The British Department of Health and blood transfusion services last night appealed to the public to continue donating blood. A spokesman for the department said: "These findings appear to justify the precautionary approach taken by the department to reduce the risk of vCJD transmission through blood and surgical instruments.

"Our assessment has been that the blood of variant CJD patients may contain transmissible levels of infectivity before clinical signs are apparent."

So far 115 Britons have died and nine others are thought to be dying from vCJD, for which the prime culprit still appears contaminated meat eaten many years ago.

The government has introduced precautionary measures over blood but it considered the risk theoretical even after autumn 2000, when scientists in Edinburgh and Berkshire revealed that blood from a sheep fed cattle brain infected with BSE had infected a previously healthy animal.

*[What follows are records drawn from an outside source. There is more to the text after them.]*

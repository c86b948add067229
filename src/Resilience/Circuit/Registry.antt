-- ===== src/Resilience/Circuit/Registry.antt =====
-- The registry keeps the breakers of different domains apart.
use acquire_intel.Prelude.{◌≡◌, arith, Text, eqb, get-put, if◌then◌else◌}
use acquire_intel.Resilience.Circuit.{CircuitBreaker, CircuitBreakerRegistry, for_domain, store}

-- After the breaker of one domain has changed, that domain is given the changed one, and every
-- other domain the breaker that it was given before.
for_domain-store :
    (domain other : Text) (b : CircuitBreaker) (r : CircuitBreakerRegistry)
    → (for_domain other (store domain b r)).0
      ≡ (if eqb domain other then b else (for_domain other r).0)
unfolding for_domain
for_domain-store domain other b r = ground (arith, get-put r.breakers domain other b)
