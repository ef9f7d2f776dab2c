-- ===== src/Flow/Topology.antt =====
-- The depth-first search of a flow's graph: it finds an order of the steps or a cycle among them.
use jardin.Base.{
  ℕ, zero, suc, ◌+◌, ◌≤◌, String, true, false, List, [], ◌∷◌, ◌≡◌, ◌⊎◌, refl, ap, ◌∙◌, arith,
}
use jardin.Base.{
  contains, string_eq, Within, IsNodup, length, length-le-of_Within, Bool-cases, inl, inr,
}
use jardin.Base.Dict.{Dict}
use jardin.Flow.Graph.{
  Walk, Walked, walked, stuck, GraphError, then_walk, visit_all, walk, walk_all, deps_at, pop,
}
use jardin.Flow.Schedule.{all_done}
use jardin.Flow.Complete.{IsOrdered}
use jardin.Flow.Types.{Step}
use jardin.Flow.Schedule.{new_plan}
use jardin.Flow.Finish.{IsAcyclic, length-names}
use jardin.Flow.Graph.{names_of, dependencies, find_cycle, edges}
use jardin.Flow.Chain.{IsPath, IsCycle, cycle_from-IsCycle}

module _ (deps : Dict String (List String)) (names : List String) where
  -- What a search keeps: its path is a chain of different steps, and the settled steps are ordered.
  pub record IsTrail (w : Walk) : Type 0 where
    chained : IsPath deps w.path
    pub once : IsNodup w.path
    pub on : Within w.path names
    pub ordered : IsOrdered deps w.settled
    pub only : Within w.settled names

  -- What a successful visit of the steps `ds` gives.
  pub record Visited (ds : List String) (w v : Walk) : Type 0 where
    same_path : v.path ≡ w.path
    pub ordered : IsOrdered deps v.settled
    pub only : Within v.settled names
    pub keeps : Within w.settled v.settled
    pub settles : all_done ds v.settled ≡ true

  abbrev pub Ends : List String → Walk → Walked → Type 0
  Ends ds w (walked v) = Visited ds w v
  Ends ds w (stuck e) = IsCycle deps e

  -- A visit that does as it should with the fuel given.
  abbrev IsGood : ℕ → (String → Walk → Walked) → Type 0
  IsGood fuel visit =
      (n : String) (w : Walk)
      → IsTrail (record w { path = n ∷ w.path })
      → IsOrdered deps w.settled
      → length names ≤ length w.path + fuel
      → Ends (n ∷ []) w (visit n w)

  Ends-cons :
      (d : String) (ds : List String) (w v : Walk) (r : Walked)
      → Visited (d ∷ []) w v
      → Ends ds v r
      → Ends (d ∷ ds) w r
  unfolding all_done
  Ends-cons d ds w v (stuck e) one rest = rest
  Ends-cons d ds w v (walked u) one rest = record {
    same_path = rest.same_path ∙ one.same_path;
    ordered = rest.ordered;
    only = rest.only;
    keeps = λ q h. rest.keeps q (one.keeps q h);
    settles = ground (arith, rest.keeps d, one.settles, rest.settles);
  }

  after_one : (d : String) (w v : Walk) → IsTrail w → Visited (d ∷ []) w v → IsTrail v
  after_one d w v t one = record {
    chained = rw (one.same_path) t.chained;
    once = rw (one.same_path) t.once;
    on = rw (one.same_path) t.on;
    ordered = one.ordered;
    only = one.only;
  }

  already : (d : String) (w : Walk) → IsTrail w → contains w.settled d ≡ true → Visited (d ∷ []) w w
  unfolding all_done
  already d w t old = record {
    same_path = refl;
    ordered = t.ordered;
    only = t.only;
    keeps = λ q h. h;
    settles = ground (arith, old);
  }

  IsPath-cons :
      (d : String) (path : List String) (p : String) (ps : List String)
      → path ≡ p ∷ ps
      → contains (deps_at deps p) d ≡ true
      → IsPath deps path
      → IsPath deps (d ∷ path)
  IsPath-cons d [] p ps e edge c = tt
  IsPath-cons d (m ∷ ms) p ps e edge c = let same : m ≡ p = cc e in (rw same edge, c)

  -- One more step on the path.
  longer :
      (d : String) (w : Walk) (p : String) (ps : List String)
      → w.path ≡ p ∷ ps
      → contains (deps_at deps p) d ≡ true
      → contains names d ≡ true
      → contains w.path d ≡ false
      → IsTrail w
      → IsTrail (record w { path = d ∷ w.path })
  longer d w p ps e edge here off t = record {
    chained = IsPath-cons d w.path p ps e edge t.chained;
    once = (off, t.once);
    on = λ q h. ground (arith, here, t.on q);
    ordered = t.ordered;
    only = t.only;
  }

  -- What follows a visit.
  onward :
      (d : String) (ds : List String) (w : Walk) (r : Walked)
      → Ends (d ∷ []) w r
      → (k : Walk → Walked) → ((v : Walk) → Visited (d ∷ []) w v → Ends (d ∷ ds) w (k v))
      → Ends (d ∷ ds) w (then_walk r k)
  onward d ds w (walked v) one k next = next v one
  onward d ds w (stuck e) one k next = one

  module _ (fuel : ℕ) (visit : String → Walk → Walked) (good : IsGood fuel visit) where
    visit_all-Ends :
        (ds : List String) (w : Walk) (p : String) (ps : List String)
        → w.path ≡ p ∷ ps
        → Within ds (deps_at deps p)
        → Within ds names
        → IsTrail w
        → length names ≤ length w.path + fuel
        → Ends ds w (visit_all visit ds w)
    unfolding visit_all all_done
    visit_all-Ends [] w p ps e within known t enough = record {
      same_path = refl;
      ordered = t.ordered;
      only = t.only;
      keeps = λ q h. h;
      settles = refl;
    }
    visit_all-Ends (d ∷ ds) w p ps e within known t enough =
        let edge : contains (deps_at deps p) d ≡ true = within d (ground arith) in
        let here : contains names d ≡ true = known d (ground arith) in
        let rest = λ (v : Walk). λ (one : Visited (d ∷ []) w v).
          Ends-cons d ds w v (visit_all visit ds v) one (
            visit_all-Ends ds v p ps (one.same_path ∙ e) (λ q h. within q (ground arith))
              (λ q h. known q (ground arith)) (after_one d w v t one)
              (rw (one.same_path) enough)) in
        elim (Bool-cases (contains w.path d)) [
          | inl loop ↦
              rw (loop, visit_all) (cycle_from-IsCycle deps w.path ps p d e t.chained loop edge)
          | inr off ↦ elim (Bool-cases (contains w.settled d)) [
            | inl old ↦ rw (off, old, visit_all) (rest w (already d w t old))
            | inr new ↦
                rw (off, new, visit_all)
                  (onward d ds w (visit d w)
                    (good d w (longer d w p ps e edge here off t) t.ordered enough)
                    (visit_all visit ds) rest)
          ]
        ]

  -- Once its dependencies are settled, the step is.
  settled :
      (n : String) (w : Walk)
      → contains names n ≡ true
      → (r : Walked) → Ends (deps_at deps n) (record w { path = n ∷ w.path }) r
      → Ends
          (n ∷ [])
          w
          (then_walk r (λ v. walked (record { path = pop v.path; settled = n ∷ v.settled })))
  unfolding all_done
  settled n w here (stuck e) g = g
  settled n w here (walked v) g = record {
    same_path = ap pop g.same_path;
    ordered = (g.settles, g.ordered);
    only = λ q h. ground (arith, here, g.only q);
    keeps = λ q h. ground (arith, g.keeps q);
    settles = ground arith;
  }

  start-IsTrail :
      (d : String) (w : Walk)
      → w.path ≡ []
      → contains names d ≡ true
      → IsTrail w
      → IsTrail (record w { path = d ∷ w.path })
  start-IsTrail d w e here t = record {
    chained = rw e tt;
    once = rw e (refl, tt);
    on = rw e (λ q h. ground (arith, here));
    ordered = t.ordered;
    only = t.only;
  }

  module _ (closed : (n : String) → Within (deps_at deps n) names) where
    walk-Ends : (fuel : ℕ) → IsGood fuel (walk deps fuel)
    unfolding walk
    walk-Ends zero n w t o enough =
        absurd (omega (arith, enough, length-le-of_Within (n ∷ w.path) names t.once t.on))
    walk-Ends (suc fuel) n w t o enough =
        let inside : Walk = record w { path = n ∷ w.path } in
        settled n w (t.on n (ground arith)) (visit_all (walk deps fuel) (deps_at deps n) inside) (
          visit_all-Ends fuel (walk deps fuel) (walk-Ends fuel) (deps_at deps n) inside n w.path
            refl (λ q h. h) (closed n) t (omega (arith, enough)))

    walk_all-Ends :
        (fuel : ℕ) (ns : List String) (w : Walk)
        → w.path ≡ []
        → IsTrail w
        → Within ns names
        → length names ≤ fuel
        → Ends ns w (walk_all deps fuel ns w)
    unfolding walk_all all_done
    walk_all-Ends fuel [] w e t known enough = record {
      same_path = refl;
      ordered = t.ordered;
      only = t.only;
      keeps = λ q h. h;
      settles = refl;
    }
    walk_all-Ends fuel (d ∷ ds) w e t known enough =
        let off : contains w.path d ≡ false = rw e refl in
        let here : contains names d ≡ true = known d (ground arith) in
        let rest = λ (v : Walk). λ (one : Visited (d ∷ []) w v).
          Ends-cons d ds w v (walk_all deps fuel ds v) one (
            walk_all-Ends fuel ds v (one.same_path ∙ e) (after_one d w v t one)
              (λ q h. known q (ground arith)) enough) in
        elim (Bool-cases (contains w.settled d)) [
          | inl old ↦ rw (off, old, walk_all) (rest w (already d w t old))
          | inr new ↦
              rw (off, new, walk_all)
                (onward d ds w (walk deps fuel d w)
                  (walk-Ends fuel d w (start-IsTrail d w e here t) t.ordered
                    (omega (arith, enough)))
                  (walk_all deps fuel ds) rest)
        ]

-- Each dependency of a step is a step of the flow.
abbrev pub IsClosed : List Step → Type 0
IsClosed steps = (n : String) → Within (deps_at (dependencies steps) n) (names_of steps)

all_done-covers : (ns done : List String) → all_done ns done ≡ true → Within ns done
unfolding all_done
all_done-covers [] done h q k = absurd (cc)
all_done-covers (n ∷ ns) done h q k =
    ground (arith, all_done-covers ns done (ground (arith, h)) q, k)

decided :
    (steps : List Step) (limit : ℕ) (r : Walked)
    → Ends
        (dependencies steps)
        (names_of steps)
        (names_of steps)
        (record { path = []; settled = [] })
        r
    → ((w : Walk) × (r ≡ walked w) × IsAcyclic (new_plan steps limit))
      ⊎ ((e : GraphError) × (r ≡ stuck e) × IsCycle (dependencies steps) e)
unfolding new_plan dependencies
decided steps limit (stuck e) g = inr (e, refl, g)
decided steps limit (walked w) g = inl (
  w,
  refl,
  record {
    order = w.settled;
    ordered = g.ordered;
    covers = all_done-covers (names_of steps) w.settled g.settles;
    only = g.only;
  },
)

-- Of a flow whose dependencies are all steps of it, the search for a cycle either succeeds, and then
-- the flow is acyclic: its steps stand in an order in which each depends only on later ones; or it
-- reports a cycle that is there: a chain of dependencies that ends where it starts. Its fuel is enough.
pub find_cycle_lem :
    (steps : List Step) (limit : ℕ)
    → IsClosed steps
    → ((w : Walk) × (find_cycle steps ≡ walked w) × IsAcyclic (new_plan steps limit))
      ⊎ ((e : GraphError) × (find_cycle steps ≡ stuck e) × IsCycle (dependencies steps) e)
unfolding find_cycle
find_cycle_lem steps limit closed =
    let deps = dependencies steps in
    decided steps limit (find_cycle steps) (
      walk_all-Ends deps (names_of steps) closed (suc (length steps + edges deps)) (names_of steps)
        (record { path = []; settled = [] }) refl
        (record {
          chained = tt;
          once = tt;
          on = λ q h. absurd (cc);
          ordered = tt;
          only = λ q h. absurd (cc);
        })
        (λ q h. h) (omega (arith, length-names steps)))
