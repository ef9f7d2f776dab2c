-- ===== src/Flow/Promise.antt =====
-- A flow that passes its validation runs to its end.
use jardin.Base.{ℕ, suc, ◌<◌, String, true, false, none, some, List, [], ◌∷◌, ◌≡◌, ◌≢◌, ◌∙◌, arith}
use jardin.Base.{string_eq, contains, length, All, Within, IsNodup, inl, inr}
use jardin.Base.Dict
use jardin.Base.Dict.{Dict, NodupKeys}
use jardin.Base.Text.Sorting.{contains-sort_strings}
use jardin.Flow.Types.{Step}
use jardin.Flow.Needs.{Reference, parse_reference}
use jardin.Flow.Graph.{
  declared, dependencies, names_of, check_declared, check_steps, validate_graph, find_cycle, stuck,
  GraphError,
}
use jardin.Flow.Validate.{
  validate_need, validate_names, validate_needs, validate_step, check_names, validate_each,
  validate_steps,
}
use jardin.Flow.Schedule.{Outcome, Sched, Surroundings, start, new_plan, drive}
use jardin.Flow.Sound.{reported_names}
use jardin.Flow.Drive.{IsFair}
use jardin.Flow.Finish.{IsAcyclic, drive-reports_all}
use jardin.Flow.Topology.{IsClosed, find_cycle_lem}
use jardin.Flow.Accepted.{IsStepKnown, NeedsKnown, dependencies_from-Within}

check_names-new :
    (trim : String → String) (i : ℕ) (known : List String) (steps : List Step)
    → check_names trim i known steps ≡ none
    → IsNodup (names_of steps)
      × ((q : String) → contains (names_of steps) q ≡ true → contains known q ≡ false)
unfolding check_names
check_names-new trim i known [] e = (tt, λ q h. absurd (cc))
check_names-new trim i known (s ∷ steps) e =
    let rest = check_names-new trim (suc i) (s.name ∷ known) steps (ground (arith, e)) in
    ((ground (arith, rest.1 s.name), rest.0), λ q h. ground (arith, rest.1 q, e, h))

validate_names-each :
    (s : Step) (known names : List String)
    → validate_names s known names ≡ none
    → (name : String) → contains names name ≡ true
    → validate_need s known name ≡ none
unfolding validate_names
validate_names-each s known [] e name h = absurd (cc)
validate_names-each s known (n ∷ names) e name h =
    ground (arith, e, h, validate_names-each s known names (ground (arith, e)) name)

contains-keys :
    (needs : Dict String String) (name ref : String)
    → Dict.lookup name needs ≡ some ref
    → contains (Dict.keys needs) name ≡ true
unfolding Dict.lookup Dict.keys
contains-keys [] name ref e = absurd (cc)
contains-keys ((k, r) ∷ needs) name ref e = ground (arith, contains-keys needs name ref, e)

validate_need-known :
    (s : Step) (known : List String) (name ref : String) (parsed : Reference)
    → validate_need s known name ≡ none
    → Dict.lookup name s.needs ≡ some ref
    → parse_reference ref ≡ some parsed
    → contains known parsed.step ≡ true
unfolding validate_need
validate_need-known s known name ref parsed e l p = ground (arith, e, l, p)

validate_needs-known :
    (s : Step) (known : List String) → validate_needs s known ≡ none → NeedsKnown known s.needs
unfolding validate_needs
validate_needs-known s known e name ref l parsed p =
    validate_need-known s known name ref parsed
      (validate_names-each s known _ e name
        (contains-sort_strings _ name ∙ contains-keys s.needs name ref l))
      l p

validate_step-known :
    (trim : String → String) (known : List String) (s : Step)
    → validate_step trim known s ≡ none
    → NeedsKnown known s.needs
unfolding validate_step
validate_step-known trim known s e = validate_needs-known s known (ground (arith, e))

check_declared-known :
    (name : String) (known names : List String)
    → check_declared name known names ≡ none
    → Within names known
unfolding check_declared
check_declared-known name known [] e = λ q h. absurd (cc)
check_declared-known name known (d ∷ ds) e =
    λ q h. ground (arith, e, h, check_declared-known name known ds (ground (arith, e)) q)

All-IsStepKnown :
    (trim : String → String) (known : List String) (steps : List Step)
    → validate_each trim known steps ≡ none
    → check_steps known steps ≡ none
    → All (IsStepKnown known) steps
unfolding validate_each check_steps
All-IsStepKnown trim known [] e c = tt
All-IsStepKnown trim known (s ∷ steps) e c = (
  record {
    declared_known = check_declared-known s.name known (declared s.depends_on) (ground (arith, c));
    needs_known = validate_step-known trim known s (ground (arith, e));
  },
  All-IsStepKnown trim known steps (ground (arith, e)) (ground (arith, c)),
)

-- What an accepted flow has.
record IsAccepted (steps : List Step) : Type 0 where
  distinct : IsNodup (names_of steps)
  closed : IsClosed steps
  cycle_free : (e : GraphError) → find_cycle steps ≢ stuck e

accepted :
    (trim : String → String) (steps : List Step)
    → All (λ s. NodupKeys s.needs) steps
    → validate_steps trim steps ≡ none
    → IsAccepted steps
unfolding validate_steps validate_graph dependencies
accepted trim steps unique e =
    let known = names_of steps in
    record {
      distinct = (check_names-new trim 1 [] steps (ground (arith, e))).0;
      closed =
          dependencies_from-Within known none steps unique
            (All-IsStepKnown trim known steps (ground (arith, e)) (ground (arith, e))) (λ q h. h)
            tt;
      cycle_free = λ x stop. ground (arith, e, stop);
    }

new_plan-room : (steps : List Step) (limit : ℕ) → 0 < (new_plan steps limit).limit
unfolding new_plan
new_plan-room steps limit = ground arith

acyclic : (steps : List Step) (limit : ℕ) → IsAccepted steps → IsAcyclic (new_plan steps limit)
acyclic steps limit a = elim (find_cycle_lem steps limit a.closed) [
  | inl (w, found, order) ↦ order
  | inr (e, found, loop) ↦ absurd (a.cycle_free e found)
]

-- Let a flow's steps pass the validation, where each step's `needs` has each name once, and let
-- outcomes come only from steps in flight, each result with its step's name. Then a run of the flow
-- from the start, under any limit, with fuel one more than the number of steps, ends with exactly
-- one result for each step and none for any other name.
pub validate_steps-runs :
    (trim : String → String) (steps : List Step) (limit : ℕ)
    → (env : Surroundings) (arrive : Sched → Outcome) → All (λ s. NodupKeys s.needs) steps
    → validate_steps trim steps ≡ none
    → IsFair arrive
    → ((n : String)
        → contains
            (reported_names
              (drive env (new_plan steps limit) arrive (suc (length steps)) start).results)
            n
          ≡ contains (names_of steps) n)
      × IsNodup (
          reported_names
            (drive env (new_plan steps limit) arrive (suc (length steps)) start).results)
unfolding new_plan
validate_steps-runs trim steps limit env arrive unique e fair =
    let a : IsAccepted steps = accepted trim steps unique e in
    drive-reports_all env (new_plan steps limit) arrive fair (acyclic steps limit a) a.distinct
      (new_plan-room steps limit)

All blood given to humans has the white cells removed because they are regarded as potentially the most dangerous carriers of vCJD through transfusion. Most plasma is imported because of risks to haemophiliacs who have a constant need for the blood clotting factors.

The government is considering banning all people who have ever received transfusions from donating blood, a decision that might remove one in 10 donors; importing more plasma, particularly for transfusions in babies and young children, and forcing the removal of plasma from blood platelets.

The possibility of a blood test for vCJD next year, though essential for public safety, might dissuade up to half Britain's donors, because people would have to face being told they have an incurable disease. So far there is no evidence that anyone infected with vCJD has passed it on to others through transfusion. - (Guardian Service)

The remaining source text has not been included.